Bacterial habitats are usually very diverse and can involve interspecies competition or even competition between similar subspecies since many organisms are trying to utilize the same resources. In the case of kin selection for those of the same subspecies, various methods are employed to self-select for kin including the use of toxin-antitoxin systems, in which all bacteria of the same species in the associated region receive the toxin of interest but those that do not contain the associated antitoxin protein are inhibited by a specific mechanism. These toxic mechanisms include DNase, RNase and pore-forming activity. Additionally, these toxin-antitoxin systems may be deployed by general secretion into the surrounding areas or by means of direct contact, or contact-dependent inhibition (CDI). Characteristic of the various contact-dependent growth inhibition systems found in diverse species is a large toxin protein in which the N-terminal end of the protein is highly conserved and the C-terminal end (CT) is highly divergent. It has been determined that the CTs of these various strains provide the toxin activities of these proteins. Additionally to this there exists immediately downstream of these large toxin genes another gene that encodes an immunity protein. This immunity protein is also highly divergent from other contact-dependent growth inhibitory containing strains, consistent with the idea that they must block activity of the polymorphic CT region of the toxin protein. Thus far, contact-dependent growth inhibition systems have been described in gram-negative bacteria such as E. coli, but none have yet been described in gram-positive bacteria. Bioinformatic analysis has identified a locus in Bacillus subtilis that contains two genes that have similar structural characteristics to that of previously described contact-dependent-growth inhibitions systems.
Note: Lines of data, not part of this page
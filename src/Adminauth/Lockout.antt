-- ===== src/Adminauth/Lockout.antt =====
-- Failure backoff of the admin login (internal/adminauth/lockout.go). Times and durations are in
-- nanoseconds, and 0 is the zero time. Finding the client's address (ClientIP) is left out.
mod Laws
mod Tests
use morpheus_uplink.Base.{
  ℕ, ◌+◌, ◌-◌, ◌*◌, ◌^◌, Bool, true, false, ◌&&◌, ◌||◌, Option, none, some, List, [], ◌∷◌, ◌++◌,
  Text, ltb, leb, ◌==◌, if◌then◌else◌, is_some, length, keep, not, Map, lookup, insert, delete, min,
}
use morpheus_uplink.Pool.Slot.{second}

abbrev pub minute : ℕ
minute = 60 * second

abbrev pub hour : ℕ
hour = 3600 * second

abbrev pub max_tracked_ips : ℕ
max_tracked_ips = 10000

pub record IpState : Type 0 where
  pub failures : ℕ
  pub locked_until : ℕ
  pub last_fail : ℕ

pub record Lockout : Type 0 where
  pub per_ip : Map IpState
  pub bearer_ip : Map IpState
  pub global : List ℕ
  pub global_until : ℕ
  pub global_backoff : ℕ
  pub global_last_trip : ℕ

pub new_lockout : Lockout
new_lockout = record {
  per_ip = [];
  bearer_ip = [];
  global = [];
  global_until = 0;
  global_backoff = minute;
  global_last_trip = 0;
}

-- An hour without a failure, and no lock.
pub is_clean : IpState → ℕ → Bool
is_clean st now = ltb 0 st.failures && leb (st.last_fail + hour) now && ltb st.locked_until now

-- The answer for one address: the map after it, whether it may try, and the time to wait.
allow_state : Option IpState → Map IpState → ℕ → Text → Map IpState × Bool × ℕ
unfolding is_clean
allow_state none m now ip = (m, true, 0)
allow_state (some st) m now ip =
    if is_clean st now
    then (delete ip m, true, 0)
    else if ltb now st.locked_until
    then (m, false, st.locked_until - now)
    else (m, true, 0)

unfoldable pub allow : Lockout → ℕ → Text → Lockout × Bool × ℕ
unfolding allow_state
allow l now ip =
    if ltb now l.global_until
    then (l, false, l.global_until - now)
    else let (m, ok, wait) = allow_state (lookup ip l.per_ip) l.per_ip now ip in
      (record l { per_ip = m }, ok, wait)

pub success : Lockout → Text → Lockout
success l ip = record l { per_ip = delete ip l.per_ip }

-- The loop of `evictOne` over the map, in the order of the list: the key to drop.
pub evict_scan : Map IpState → ℕ → ℕ → Option Text → Option Text
evict_scan [] now i unlocked = unlocked
evict_scan ((k, v) ∷ m) now i unlocked =
    let next : Option Text =
      if ltb v.locked_until now && not (is_some unlocked) then some k else unlocked in
    let rest = evict_scan m now (i + 1) next in
    if ltb v.locked_until now && (v.failures == 0 || leb (v.last_fail + hour) now)
    then some k
    else if leb 64 (i + 1) && is_some next
    then next
    else rest

evict_key : Option Text → Map IpState → Map IpState
evict_key none m = m
evict_key (some k) m = delete k m

pub evict_one : Map IpState → ℕ → Map IpState
unfolding evict_scan evict_key
evict_one m now = evict_key (evict_scan m now 0 none) m

ensure_state : Option IpState → Map IpState → ℕ → Text → Map IpState × IpState
unfolding evict_one is_clean
ensure_state none m now ip =
    let st : IpState = record { failures = 0; locked_until = 0; last_fail = 0 } in
    (insert ip st (if leb max_tracked_ips (length m) then evict_one m now else m), st)
ensure_state (some st) m now ip =
    let st' : IpState = record st { failures = 0; locked_until = 0 } in
    if is_clean st now then (insert ip st' m, st') else (m, st)

pub ensure_in : Map IpState → Text → ℕ → Map IpState × IpState
unfolding ensure_state
ensure_in m ip now = ensure_state (lookup ip m) m now ip

abbrev pub max_lock : ℕ
max_lock = 15 * minute

-- 0 for the first five failures, then 2^(n-5) seconds, at most 15 minutes.
pub lock_for : ℕ → ℕ
lock_for failures = if leb failures 5 then 0 else min (second * 2 ^ min (failures - 5) 10) max_lock

-- What Failure and FailureBearer do to one address's map.
pub fail_in : Map IpState → Text → ℕ → Map IpState × ℕ
unfolding ensure_in
fail_in m ip now =
    let (m', st) = ensure_in m ip now in
    let d : ℕ = lock_for (st.failures + 1) in
    (
      insert ip
          (record {
            failures = st.failures + 1;
            locked_until = if leb (st.failures + 1) 5 then st.locked_until else now + d;
            last_fail = now;
          })
          m',
      d,
    )

-- The recent failures with this one, and the backoff after a clean hour.
pub record_global : Lockout → ℕ → Lockout
record_global l now =
    let decayed : Bool = not (l.global_last_trip == 0) && leb (l.global_last_trip + hour) now in
    record l {
      global = keep (λ t. ltb now (t + 15 * minute)) l.global ++ now ∷ [];
      global_backoff = if decayed then minute else l.global_backoff;
      global_last_trip = if decayed then 0 else l.global_last_trip;
    }

count_failure : Map IpState → Text → ℕ → Map IpState
unfolding ensure_in
count_failure m ip now =
    let (m', st) = ensure_in m ip now in
    insert ip (record st { failures = st.failures + 1; last_fail = now }) m'

-- The global trip: its backoff starts at a minute and doubles up to 15.
trip : Lockout → ℕ → Text → Lockout × ℕ
unfolding count_failure
trip l now ip =
    let d : ℕ = if ltb l.global_backoff minute then minute else l.global_backoff in
    (
      record l {
        global_until = now + d;
        global_last_trip = now;
        global_backoff = if ltb d max_lock then min (d * 2) max_lock else d;
        per_ip = count_failure l.per_ip ip now;
      },
      d,
    )

fail_ip : Lockout → ℕ → Text → Lockout × ℕ
unfolding fail_in
fail_ip l now ip = let (m, d) = fail_in l.per_ip ip now in (record l { per_ip = m }, d)

pub failure : Lockout → ℕ → Text → Lockout × ℕ
unfolding record_global trip fail_ip
failure l now ip =
    let r = record_global l now in
    if ltb 20 (length r.global) then trip r now ip else fail_ip r now ip

-- The break-glass reset keeps the time of the last global trip.
pub reset : Lockout → Lockout
reset l = record l {
  per_ip = [];
  bearer_ip = [];
  global = [];
  global_until = 0;
  global_backoff = minute;
}

unfoldable pub allow_bearer : Lockout → ℕ → Text → Lockout × Bool × ℕ
unfolding allow_state
allow_bearer l now ip =
    let (m, ok, wait) = allow_state (lookup ip l.bearer_ip) l.bearer_ip now ip in
    (record l { bearer_ip = m }, ok, wait)

pub failure_bearer : Lockout → ℕ → Text → Lockout × ℕ
unfolding fail_in
failure_bearer l now ip = let (m, d) = fail_in l.bearer_ip ip now in (record l { bearer_ip = m }, d)

pub success_bearer : Lockout → Text → Lockout
success_bearer l ip = record l { bearer_ip = delete ip l.bearer_ip }

pub global_locked : Lockout → ℕ → Bool
global_locked l now = ltb now l.global_until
In this thesis I now describe a new system of contact-dependent growth inhibition that is present in many subspecies of Bacillus subtilis, which is mediated by the toxin protein by the name of wall-associated protein A (WapA). It demonstrates that the toxin activity of these proteins is found at the C-terminal ends of each WapA, which encode tRNases whose activity can be blocked by a protein encoded by the downstream gene of wapA termed wapI. Additionally, while the N-terminal regions of all wapA genes studied so far are highly conserved, the toxin encoding CT regions vary vastly. The highly polymorphic nature of CTs can also be seen in WapI proteins, which can only prevent toxicity of their cognate WapA-CTs. This toxic activity is delivered in a contact-dependent manner, and the toxins themselves target a different set of tRNA species. Bacillus strains that contain differently expressed CTs create a noticeable exclusion interface when allowed to swarm over a semi liquid surface and meet up with the opposing strain, while the interface can be avoided by providing the cognate immunity gene that corresponds to one's opponent. However, the WapA system does not seem to function the same when competing wild type strains, as WapI no longer shows significant protection from other subspecies, indicating that there may be another toxin system in play. This novel toxin-antitoxin system thus offers new insight into means by which gram-positive bacterial species can maintain homogeneity of populations and compete for resources.